**SUPPLIED RECORDS**
-----

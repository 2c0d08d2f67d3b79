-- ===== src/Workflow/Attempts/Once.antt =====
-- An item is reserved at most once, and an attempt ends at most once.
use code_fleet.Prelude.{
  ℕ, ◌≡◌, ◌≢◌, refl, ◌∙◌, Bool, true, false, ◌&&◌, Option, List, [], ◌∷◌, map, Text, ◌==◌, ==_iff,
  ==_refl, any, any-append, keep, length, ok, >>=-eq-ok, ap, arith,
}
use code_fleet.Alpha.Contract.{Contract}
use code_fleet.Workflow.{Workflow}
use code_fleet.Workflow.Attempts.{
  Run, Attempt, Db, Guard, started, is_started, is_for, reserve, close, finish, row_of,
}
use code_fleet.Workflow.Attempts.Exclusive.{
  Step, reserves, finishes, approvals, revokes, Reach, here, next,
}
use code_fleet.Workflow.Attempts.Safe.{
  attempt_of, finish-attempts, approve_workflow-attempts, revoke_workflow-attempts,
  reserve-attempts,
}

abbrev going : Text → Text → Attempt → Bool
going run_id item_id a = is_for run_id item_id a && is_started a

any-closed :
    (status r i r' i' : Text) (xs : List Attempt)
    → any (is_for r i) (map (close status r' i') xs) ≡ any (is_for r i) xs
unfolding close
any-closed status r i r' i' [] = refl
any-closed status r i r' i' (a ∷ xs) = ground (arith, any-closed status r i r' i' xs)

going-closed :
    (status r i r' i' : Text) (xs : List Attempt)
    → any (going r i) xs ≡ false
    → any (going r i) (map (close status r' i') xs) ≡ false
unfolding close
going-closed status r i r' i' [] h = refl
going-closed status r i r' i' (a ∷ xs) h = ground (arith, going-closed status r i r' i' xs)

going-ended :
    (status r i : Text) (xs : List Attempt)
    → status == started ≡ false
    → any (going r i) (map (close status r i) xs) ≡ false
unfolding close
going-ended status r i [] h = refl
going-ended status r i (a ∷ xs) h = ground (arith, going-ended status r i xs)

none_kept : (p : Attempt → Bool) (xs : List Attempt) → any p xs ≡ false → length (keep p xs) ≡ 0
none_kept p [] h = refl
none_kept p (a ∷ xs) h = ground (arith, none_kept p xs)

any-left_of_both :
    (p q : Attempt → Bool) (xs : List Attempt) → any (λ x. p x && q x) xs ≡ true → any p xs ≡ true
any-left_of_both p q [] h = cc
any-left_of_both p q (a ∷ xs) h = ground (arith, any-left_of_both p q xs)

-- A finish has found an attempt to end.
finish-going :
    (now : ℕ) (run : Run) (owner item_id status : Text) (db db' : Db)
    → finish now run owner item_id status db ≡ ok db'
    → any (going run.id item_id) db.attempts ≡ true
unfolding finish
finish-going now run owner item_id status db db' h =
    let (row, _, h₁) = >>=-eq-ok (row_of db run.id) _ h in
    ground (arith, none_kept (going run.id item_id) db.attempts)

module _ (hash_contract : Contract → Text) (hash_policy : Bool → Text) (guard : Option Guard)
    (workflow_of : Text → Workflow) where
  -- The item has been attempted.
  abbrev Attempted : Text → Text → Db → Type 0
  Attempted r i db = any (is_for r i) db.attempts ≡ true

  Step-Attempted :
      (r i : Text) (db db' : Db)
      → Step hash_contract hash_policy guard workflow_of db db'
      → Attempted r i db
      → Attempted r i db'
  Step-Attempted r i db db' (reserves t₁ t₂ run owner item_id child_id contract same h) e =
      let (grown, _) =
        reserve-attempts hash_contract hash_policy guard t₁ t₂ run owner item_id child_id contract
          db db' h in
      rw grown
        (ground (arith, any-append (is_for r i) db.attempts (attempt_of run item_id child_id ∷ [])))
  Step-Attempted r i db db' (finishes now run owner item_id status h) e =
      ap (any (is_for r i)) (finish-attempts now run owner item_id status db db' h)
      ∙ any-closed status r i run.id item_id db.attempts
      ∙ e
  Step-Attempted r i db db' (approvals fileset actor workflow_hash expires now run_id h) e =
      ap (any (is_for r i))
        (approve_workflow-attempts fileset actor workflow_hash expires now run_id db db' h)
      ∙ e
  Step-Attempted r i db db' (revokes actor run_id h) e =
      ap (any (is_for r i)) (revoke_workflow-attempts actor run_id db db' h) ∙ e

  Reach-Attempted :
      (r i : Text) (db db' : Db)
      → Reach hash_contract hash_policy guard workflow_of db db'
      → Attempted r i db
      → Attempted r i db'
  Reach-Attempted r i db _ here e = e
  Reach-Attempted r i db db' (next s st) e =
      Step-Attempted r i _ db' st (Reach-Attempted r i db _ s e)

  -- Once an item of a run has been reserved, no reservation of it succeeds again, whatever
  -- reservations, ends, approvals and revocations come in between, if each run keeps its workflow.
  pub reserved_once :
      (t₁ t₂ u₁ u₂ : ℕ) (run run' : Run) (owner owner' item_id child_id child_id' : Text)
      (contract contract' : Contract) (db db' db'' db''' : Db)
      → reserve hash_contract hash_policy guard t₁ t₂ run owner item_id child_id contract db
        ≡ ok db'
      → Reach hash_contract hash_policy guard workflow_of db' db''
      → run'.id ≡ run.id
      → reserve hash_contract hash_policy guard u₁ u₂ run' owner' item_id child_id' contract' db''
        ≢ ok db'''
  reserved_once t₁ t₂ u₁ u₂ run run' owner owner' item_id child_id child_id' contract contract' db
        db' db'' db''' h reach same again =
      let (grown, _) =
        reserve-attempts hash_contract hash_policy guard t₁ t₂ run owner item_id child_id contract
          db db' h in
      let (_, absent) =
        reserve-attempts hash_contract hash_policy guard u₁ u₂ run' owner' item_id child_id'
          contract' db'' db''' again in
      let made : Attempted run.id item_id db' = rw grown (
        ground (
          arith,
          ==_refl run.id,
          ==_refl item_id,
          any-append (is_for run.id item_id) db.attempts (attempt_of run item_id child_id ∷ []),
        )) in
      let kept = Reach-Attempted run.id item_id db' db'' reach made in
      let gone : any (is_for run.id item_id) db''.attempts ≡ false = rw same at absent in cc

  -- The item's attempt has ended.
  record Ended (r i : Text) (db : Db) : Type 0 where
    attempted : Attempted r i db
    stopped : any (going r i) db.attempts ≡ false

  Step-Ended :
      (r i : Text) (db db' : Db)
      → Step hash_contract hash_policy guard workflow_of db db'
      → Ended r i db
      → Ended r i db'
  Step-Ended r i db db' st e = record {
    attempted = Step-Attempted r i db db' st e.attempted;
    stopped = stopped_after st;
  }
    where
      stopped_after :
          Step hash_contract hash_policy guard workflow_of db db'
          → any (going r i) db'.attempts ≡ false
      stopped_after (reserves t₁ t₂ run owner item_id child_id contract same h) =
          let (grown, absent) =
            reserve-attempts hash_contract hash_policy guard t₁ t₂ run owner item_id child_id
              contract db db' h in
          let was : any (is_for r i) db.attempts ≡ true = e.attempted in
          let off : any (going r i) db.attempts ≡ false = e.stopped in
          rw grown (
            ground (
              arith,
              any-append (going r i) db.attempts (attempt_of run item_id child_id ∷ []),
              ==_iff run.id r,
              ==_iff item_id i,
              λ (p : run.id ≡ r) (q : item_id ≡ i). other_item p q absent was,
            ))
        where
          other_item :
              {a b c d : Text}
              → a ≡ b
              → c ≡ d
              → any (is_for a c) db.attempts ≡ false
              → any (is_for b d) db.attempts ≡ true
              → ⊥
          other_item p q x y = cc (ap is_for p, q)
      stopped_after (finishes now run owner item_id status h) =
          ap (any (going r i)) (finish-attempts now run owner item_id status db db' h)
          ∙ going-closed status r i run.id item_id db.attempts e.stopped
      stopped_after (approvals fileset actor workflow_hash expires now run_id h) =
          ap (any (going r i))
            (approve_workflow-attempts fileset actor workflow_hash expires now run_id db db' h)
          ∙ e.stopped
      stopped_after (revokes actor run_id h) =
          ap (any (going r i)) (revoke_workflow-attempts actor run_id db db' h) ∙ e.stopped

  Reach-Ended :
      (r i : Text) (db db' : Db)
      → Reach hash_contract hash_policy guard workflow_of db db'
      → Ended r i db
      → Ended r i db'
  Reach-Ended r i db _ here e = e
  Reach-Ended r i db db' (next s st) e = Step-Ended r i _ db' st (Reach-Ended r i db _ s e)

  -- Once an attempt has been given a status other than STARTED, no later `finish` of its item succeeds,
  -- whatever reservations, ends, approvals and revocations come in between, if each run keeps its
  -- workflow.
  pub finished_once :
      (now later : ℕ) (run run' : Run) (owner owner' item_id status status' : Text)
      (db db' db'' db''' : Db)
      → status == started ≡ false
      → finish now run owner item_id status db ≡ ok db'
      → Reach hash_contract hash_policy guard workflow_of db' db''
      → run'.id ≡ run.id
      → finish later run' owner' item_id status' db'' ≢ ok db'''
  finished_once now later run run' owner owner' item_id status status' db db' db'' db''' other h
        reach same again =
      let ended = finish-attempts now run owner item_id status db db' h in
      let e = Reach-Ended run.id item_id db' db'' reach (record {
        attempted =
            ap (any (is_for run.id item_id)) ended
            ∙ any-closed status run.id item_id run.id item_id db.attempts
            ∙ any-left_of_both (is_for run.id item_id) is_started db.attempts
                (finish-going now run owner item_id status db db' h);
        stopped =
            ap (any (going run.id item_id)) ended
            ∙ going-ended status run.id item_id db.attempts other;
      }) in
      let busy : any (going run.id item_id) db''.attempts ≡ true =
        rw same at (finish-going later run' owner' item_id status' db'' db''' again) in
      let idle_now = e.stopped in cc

-----

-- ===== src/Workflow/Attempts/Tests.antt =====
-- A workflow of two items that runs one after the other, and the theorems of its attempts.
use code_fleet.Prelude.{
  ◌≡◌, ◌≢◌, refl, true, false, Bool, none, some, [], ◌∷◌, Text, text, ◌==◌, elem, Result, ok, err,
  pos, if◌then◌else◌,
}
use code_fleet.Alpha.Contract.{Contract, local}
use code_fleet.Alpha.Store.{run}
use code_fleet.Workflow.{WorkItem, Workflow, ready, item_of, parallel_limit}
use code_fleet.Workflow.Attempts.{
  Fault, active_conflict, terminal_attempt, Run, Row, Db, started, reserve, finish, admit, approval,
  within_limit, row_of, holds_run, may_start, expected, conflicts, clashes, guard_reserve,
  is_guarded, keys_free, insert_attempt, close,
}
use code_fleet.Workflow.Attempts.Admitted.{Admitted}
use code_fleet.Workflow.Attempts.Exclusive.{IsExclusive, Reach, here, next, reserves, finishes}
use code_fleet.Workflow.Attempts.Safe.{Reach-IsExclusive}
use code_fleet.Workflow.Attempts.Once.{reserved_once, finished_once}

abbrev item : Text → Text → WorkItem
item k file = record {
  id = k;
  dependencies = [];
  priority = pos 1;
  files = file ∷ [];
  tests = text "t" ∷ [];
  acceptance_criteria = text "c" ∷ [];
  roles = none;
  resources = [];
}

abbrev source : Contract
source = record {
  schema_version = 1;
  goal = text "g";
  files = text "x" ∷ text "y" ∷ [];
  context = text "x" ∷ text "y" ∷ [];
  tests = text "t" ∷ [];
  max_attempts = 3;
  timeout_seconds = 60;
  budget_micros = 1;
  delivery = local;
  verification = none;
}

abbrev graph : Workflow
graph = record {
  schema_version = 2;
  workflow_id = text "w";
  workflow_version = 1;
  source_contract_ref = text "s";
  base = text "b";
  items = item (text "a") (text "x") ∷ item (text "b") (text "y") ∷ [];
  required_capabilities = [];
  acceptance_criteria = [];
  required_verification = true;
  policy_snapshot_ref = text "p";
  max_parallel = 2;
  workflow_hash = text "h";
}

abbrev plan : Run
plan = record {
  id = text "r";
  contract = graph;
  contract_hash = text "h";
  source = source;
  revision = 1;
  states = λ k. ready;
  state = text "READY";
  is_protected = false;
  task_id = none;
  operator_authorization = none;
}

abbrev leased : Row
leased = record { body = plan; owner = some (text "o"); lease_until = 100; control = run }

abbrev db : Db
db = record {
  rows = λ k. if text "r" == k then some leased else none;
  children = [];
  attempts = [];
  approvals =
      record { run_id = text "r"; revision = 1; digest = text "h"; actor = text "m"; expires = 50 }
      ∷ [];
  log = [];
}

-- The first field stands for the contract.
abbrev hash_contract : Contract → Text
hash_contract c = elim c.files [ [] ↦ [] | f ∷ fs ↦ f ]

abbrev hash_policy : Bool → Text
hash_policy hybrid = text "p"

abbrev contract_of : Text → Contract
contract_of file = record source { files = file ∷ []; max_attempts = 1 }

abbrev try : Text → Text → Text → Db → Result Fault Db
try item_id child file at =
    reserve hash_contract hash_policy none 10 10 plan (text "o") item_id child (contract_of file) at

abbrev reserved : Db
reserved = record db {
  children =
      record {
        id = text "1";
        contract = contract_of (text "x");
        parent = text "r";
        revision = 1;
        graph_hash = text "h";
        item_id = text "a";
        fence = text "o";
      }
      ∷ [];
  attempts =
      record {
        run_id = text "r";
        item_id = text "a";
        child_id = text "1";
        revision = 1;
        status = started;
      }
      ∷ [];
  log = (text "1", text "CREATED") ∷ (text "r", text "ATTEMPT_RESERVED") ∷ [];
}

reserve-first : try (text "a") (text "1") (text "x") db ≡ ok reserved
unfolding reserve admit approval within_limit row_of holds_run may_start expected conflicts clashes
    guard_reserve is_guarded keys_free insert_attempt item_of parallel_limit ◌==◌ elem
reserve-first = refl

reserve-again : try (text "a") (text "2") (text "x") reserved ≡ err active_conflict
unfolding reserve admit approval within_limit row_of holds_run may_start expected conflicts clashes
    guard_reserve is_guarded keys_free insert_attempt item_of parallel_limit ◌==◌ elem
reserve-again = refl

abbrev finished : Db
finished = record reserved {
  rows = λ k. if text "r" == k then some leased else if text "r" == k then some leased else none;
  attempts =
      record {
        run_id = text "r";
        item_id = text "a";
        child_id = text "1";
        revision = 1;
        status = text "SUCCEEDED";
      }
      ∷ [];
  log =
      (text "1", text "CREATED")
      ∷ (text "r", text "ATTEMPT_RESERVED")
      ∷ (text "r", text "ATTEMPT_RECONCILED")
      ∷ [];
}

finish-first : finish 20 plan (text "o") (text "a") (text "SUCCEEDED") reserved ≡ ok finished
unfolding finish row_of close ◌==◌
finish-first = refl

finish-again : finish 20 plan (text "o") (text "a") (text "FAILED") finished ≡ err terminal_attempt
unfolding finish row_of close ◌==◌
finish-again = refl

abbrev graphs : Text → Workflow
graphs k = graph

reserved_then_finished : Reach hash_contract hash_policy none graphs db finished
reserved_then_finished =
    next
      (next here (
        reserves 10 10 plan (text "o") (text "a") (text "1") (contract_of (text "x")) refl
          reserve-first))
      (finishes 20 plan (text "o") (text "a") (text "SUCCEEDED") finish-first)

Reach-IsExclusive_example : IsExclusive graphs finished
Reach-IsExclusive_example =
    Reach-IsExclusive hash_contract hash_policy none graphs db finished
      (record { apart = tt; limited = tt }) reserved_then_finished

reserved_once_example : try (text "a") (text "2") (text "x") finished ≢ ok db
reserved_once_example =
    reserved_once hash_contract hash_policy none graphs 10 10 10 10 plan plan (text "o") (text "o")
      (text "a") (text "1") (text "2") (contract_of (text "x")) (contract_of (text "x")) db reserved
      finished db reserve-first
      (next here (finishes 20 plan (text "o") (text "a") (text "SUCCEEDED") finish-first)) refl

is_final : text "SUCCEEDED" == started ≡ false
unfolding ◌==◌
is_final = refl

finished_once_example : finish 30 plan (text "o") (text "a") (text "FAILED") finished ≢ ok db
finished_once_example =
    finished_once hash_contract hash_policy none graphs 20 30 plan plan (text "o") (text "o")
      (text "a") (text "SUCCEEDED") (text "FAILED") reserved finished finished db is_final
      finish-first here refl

-----

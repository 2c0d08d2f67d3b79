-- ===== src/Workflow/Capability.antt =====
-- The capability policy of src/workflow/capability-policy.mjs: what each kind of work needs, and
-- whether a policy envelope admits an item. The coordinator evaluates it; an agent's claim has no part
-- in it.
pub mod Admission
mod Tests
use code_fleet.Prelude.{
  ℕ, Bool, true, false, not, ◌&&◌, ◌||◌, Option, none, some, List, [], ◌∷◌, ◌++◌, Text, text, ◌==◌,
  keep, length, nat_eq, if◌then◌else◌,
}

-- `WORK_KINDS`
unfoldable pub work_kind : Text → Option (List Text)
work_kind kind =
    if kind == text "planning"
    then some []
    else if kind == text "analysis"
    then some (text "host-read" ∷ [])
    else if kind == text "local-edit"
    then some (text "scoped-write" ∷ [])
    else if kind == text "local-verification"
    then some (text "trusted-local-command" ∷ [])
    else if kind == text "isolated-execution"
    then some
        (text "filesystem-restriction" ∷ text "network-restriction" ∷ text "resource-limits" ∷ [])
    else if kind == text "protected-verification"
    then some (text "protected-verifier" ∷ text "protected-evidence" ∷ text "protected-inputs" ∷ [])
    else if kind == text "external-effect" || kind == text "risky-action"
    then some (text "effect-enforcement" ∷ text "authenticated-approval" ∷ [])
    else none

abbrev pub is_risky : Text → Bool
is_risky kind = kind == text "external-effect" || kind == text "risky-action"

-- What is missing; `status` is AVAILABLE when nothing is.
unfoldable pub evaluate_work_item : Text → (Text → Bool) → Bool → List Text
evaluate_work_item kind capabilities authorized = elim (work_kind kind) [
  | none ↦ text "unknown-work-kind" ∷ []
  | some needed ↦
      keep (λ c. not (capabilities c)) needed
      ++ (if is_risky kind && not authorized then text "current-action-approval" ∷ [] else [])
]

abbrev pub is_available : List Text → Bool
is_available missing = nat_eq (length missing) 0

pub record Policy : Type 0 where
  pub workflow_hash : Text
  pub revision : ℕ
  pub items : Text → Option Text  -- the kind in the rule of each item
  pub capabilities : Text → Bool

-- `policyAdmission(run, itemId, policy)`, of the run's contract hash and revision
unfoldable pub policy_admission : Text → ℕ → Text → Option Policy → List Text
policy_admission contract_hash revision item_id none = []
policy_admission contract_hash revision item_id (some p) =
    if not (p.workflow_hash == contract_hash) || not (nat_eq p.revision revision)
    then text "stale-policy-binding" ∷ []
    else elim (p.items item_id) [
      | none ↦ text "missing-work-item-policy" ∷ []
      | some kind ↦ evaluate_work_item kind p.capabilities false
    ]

-----

Copy exactly the stretch of data above from the line with "graph_hash = text" through the line with "Reach-IsExclusive hash_contract hash_policy", and omit all other lines.

        graph_hash = text "h";
        item_id = text "a";
        fence = text "o";
      }
      ∷ [];
  attempts =
      record {
        run_id = text "r";
        item_id = text "a";
        child_id = text "1";
        revision = 1;
        status = started;
      }
      ∷ [];
  log = (text "1", text "CREATED") ∷ (text "r", text "ATTEMPT_RESERVED") ∷ [];
}

reserve-first : try (text "a") (text "1") (text "x") db ≡ ok reserved
unfolding reserve admit approval within_limit row_of holds_run may_start expected conflicts clashes
    guard_reserve is_guarded keys_free insert_attempt item_of parallel_limit ◌==◌ elem
reserve-first = refl

reserve-again : try (text "a") (text "2") (text "x") reserved ≡ err active_conflict
unfolding reserve admit approval within_limit row_of holds_run may_start expected conflicts clashes
    guard_reserve is_guarded keys_free insert_attempt item_of parallel_limit ◌==◌ elem
reserve-again = refl

abbrev finished : Db
finished = record reserved {
  rows = λ k. if text "r" == k then some leased else if text "r" == k then some leased else none;
  attempts =
      record {
        run_id = text "r";
        item_id = text "a";
        child_id = text "1";
        revision = 1;
        status = text "SUCCEEDED";
      }
      ∷ [];
  log =
      (text "1", text "CREATED")
      ∷ (text "r", text "ATTEMPT_RESERVED")
      ∷ (text "r", text "ATTEMPT_RECONCILED")
      ∷ [];
}

finish-first : finish 20 plan (text "o") (text "a") (text "SUCCEEDED") reserved ≡ ok finished
unfolding finish row_of close ◌==◌
finish-first = refl

finish-again : finish 20 plan (text "o") (text "a") (text "FAILED") finished ≡ err terminal_attempt
unfolding finish row_of close ◌==◌
finish-again = refl

abbrev graphs : Text → Workflow
graphs k = graph

reserved_then_finished : Reach hash_contract hash_policy none graphs db finished
reserved_then_finished =
    next
      (next here (
        reserves 10 10 plan (text "o") (text "a") (text "1") (contract_of (text "x")) refl
          reserve-first))
      (finishes 20 plan (text "o") (text "a") (text "SUCCEEDED") finish-first)

Reach-IsExclusive_example : IsExclusive graphs finished
Reach-IsExclusive_example =
    Reach-IsExclusive hash_contract hash_policy none graphs db finished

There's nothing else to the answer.